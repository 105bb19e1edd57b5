-- ===== src/Http/Session/Tests.antt =====
-- The session pool at concrete histories.
use mathlib.Core.Quot
use study_code.Http.Session.Unordered.{Unordered, view, run_unordered, run_view, run_unordered-view}
use study_code.Prelude.{ℕ, ◌<◌, ◌≡◌, refl, none, List, [], ◌∷◌, arith}
use study_code.Prelude.Int.{pos}
use study_code.StringMap.{lookup}
use study_code.Http.Session.{SessionData, SessionManager, get_instance}
use study_code.Http.Session.Laws.{user_at}
use study_code.Http.Session.Refine.{
  Call, creates, checks, destroys, clears, run, Table, spec_run, Agree, run-Agree,
}
use study_code.Http.Session.Id.{generate_session_id-injective}

abbrev threes : ℕ → ℕ
threes k = 3

abbrev calls : List Call
calls =
    creates (b'a' ∷ []) (pos 60) (pos 5) (pos 6) threes
    ∷ checks (b'x' ∷ []) (pos 30)
    ∷ clears (pos 40)
    ∷ destroys (b'y' ∷ [])
    ∷ []

abbrev empty : Table
empty j = none

run-Agree_example : Agree (pos 50) (run calls get_instance) (spec_run calls empty)
unfolding user_at lookup
run-Agree_example =
    run-Agree calls get_instance empty (pos 50) tt (omega arith, (omega arith, tt)) (λ j. refl)

abbrev entry : SessionData
entry = record { username = b'a' ∷ []; expire_time = pos 10 }

abbrev pool : SessionManager
pool = record { sessions = (b'x' ∷ [], entry) ∷ [] }

abbrev five : ℕ
five = 5

generate_session_id-injective_example : (five ≡ five) × ((k : ℕ) → k < 16 → threes k ≡ threes k)
generate_session_id-injective_example =
    generate_session_id-injective five five threes threes (λ i. omega arith) (λ i. omega arith) refl

abbrev one_session : Unordered
unfolding lookup
one_session = Quot.mk (pool, (refl, tt))

run_unordered-view_example :
    (view (run_unordered calls one_session).0 ≡ (run_view calls (view one_session)).0)
    × ((run_unordered calls one_session).1 ≡ (run_view calls (view one_session)).1)
unfolding lookup
run_unordered-view_example = run_unordered-view calls one_session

#### [Description of the task]
State how many lines of the material contain the string "SessionManager", with no other words.

#### [Solution]
2